Ah, the joys of “alternative” pop/rock. The endless counting off of variations on what remains, really, less than a handful of themes. The reason why peoples musical tastes seem to fossilize as they get older (pass me the Stephen Duffy mix tape and Breakfast Club soundtrack, please) is that only as you get older do you realize the basic truth of the famous remark, “there is nothing new under the sun.” Only shades. Some are darker, some are lighter, but none of it—or at best, very little—is new. The biggest hits of today are, with the benefit of experience, merely this years model. All of the above is not said to discount that there is fine work being done today that means as much to it’s presumed target demographic as my favorites did and do to me, I assume it does. All of the above is said as preamble to the statement that Paxton’s Ginger’s Dish four-song EP does as much for it’s genre as many, but less than some. Paxton’s melodies are his strongest suit, the hooks do not sledgehammer their way into your brain but will pop up in it again after listening to the EP a few times. The musicianship is competent if uninspiring. But now we come to the lyrics. Oh dear. The following is a sample lyric, from the song “A Little Better”: “Yesterday you pissed on me / Tomorrow you’ll be history / The rest is just a mystery / Oh, yeaaaah!”

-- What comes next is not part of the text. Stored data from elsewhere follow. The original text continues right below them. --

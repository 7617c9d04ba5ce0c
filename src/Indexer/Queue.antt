-- ===== src/Indexer/Queue.antt =====
-- src/workers/indexer/BoundedEventQueue.ts. A producer that waits inside `enqueue` is the item that
-- it holds: `waiters` are suspended, `woken` have been resolved and not yet resumed.
pub mod Bounds
pub mod Fifo
use audio_block_backend.Base.{
  ℕ, zero, suc, min, Bool, true, false, ◌||◌, Option, none, some, List, [], ◌∷◌, ◌++◌, leb, ◌==◌,
  if◌then◌else◌, length, take, drop,
}

pub record Queue {ℓ} (A : Type ℓ) : Type ℓ where
  pub max_size : ℕ
  pub items : List A
  pub waiters : List A
  pub woken : List A

module _ {ℓ} {A : Type ℓ} where
  -- The constructor throws on a size that is not positive.
  unfoldable pub make : ℕ → Option (Queue A)
  make zero = none
  make (suc n) = some (record { max_size = suc n; items = []; waiters = []; woken = [] })

  unfoldable pub size : Queue A → ℕ
  size q = length q.items

  unfoldable pub is_full : Queue A → Bool
  is_full q = leb q.max_size (length q.items)

  unfoldable pub is_empty : Queue A → Bool
  is_empty q = length q.items == 0

  unfoldable pub try_enqueue : A → Queue A → Queue A × Bool
  unfolding is_full
  try_enqueue a q =
      if is_full q then (q, Bool.false) else (record q { items = q.items ++ a ∷ [] }, Bool.true)

  -- One test of the loop in `enqueue`: push, or suspend again.
  unfoldable pub enqueue : A → Queue A → Queue A
  unfolding is_full
  enqueue a q =
      if is_full q
      then record q { waiters = q.waiters ++ a ∷ [] }
      else record q { items = q.items ++ a ∷ [] }

  -- The event loop resumes the oldest producer whose promise is resolved.
  unfoldable pub resume : Queue A → Queue A
  unfolding enqueue
  resume q = elim q.woken [ [] ↦ q | a ∷ rest ↦ enqueue a (record q { woken = rest }) ]

  unfoldable pub notify_space_available : Queue A → Queue A
  notify_space_available q = record q { waiters = []; woken = q.woken ++ q.waiters }

  unfoldable pub dequeue_batch : ℕ → Queue A → List A × Queue A
  unfolding notify_space_available is_empty
  dequeue_batch n q =
      if n == 0 || is_empty q
      then ([], q)
      else (let k = min n (length q.items) in
          (take k q.items, notify_space_available (record q { items = drop k q.items })))

  unfoldable pub drain : Queue A → List A × Queue A
  unfolding dequeue_batch
  drain q = dequeue_batch (length q.items) q

  unfoldable pub clear : Queue A → Queue A
  unfolding notify_space_available
  clear q = notify_space_available (record q { items = [] })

Not since Cole Porter or perhaps Gershwin have I seen such…okay, yes, I’m kidding. Paxton is to good lyrics what Rosie O’Donnell is to good taste and refinement. The occasional oh-so clever lines jump out in contrast to the others, but even they are mostly on the wisdom level of bumper stickers combined with pop-culture references, such as this from “What’s it like to be you?”: “This is not a dress rehearsal / Life’s not a Gap commercial!”
Paxton and others like him also ought to pin a note to their wall reminding themselves to be cautious in directly invoking the Beatles. Weary as I am of the Hollywood-style deification of the lads of Liverpool, the fact remains they were one of the few times there was something new under the sun. And if all you can do is appropriate a line of theirs for your own—the opening line of “Norwegian Wood” slips into “How The Love Turns Around” here—and follow it with a guttural shout, well all I can do is wince at your affectation.
You can live without this EP. There are better ways to spend your money this month.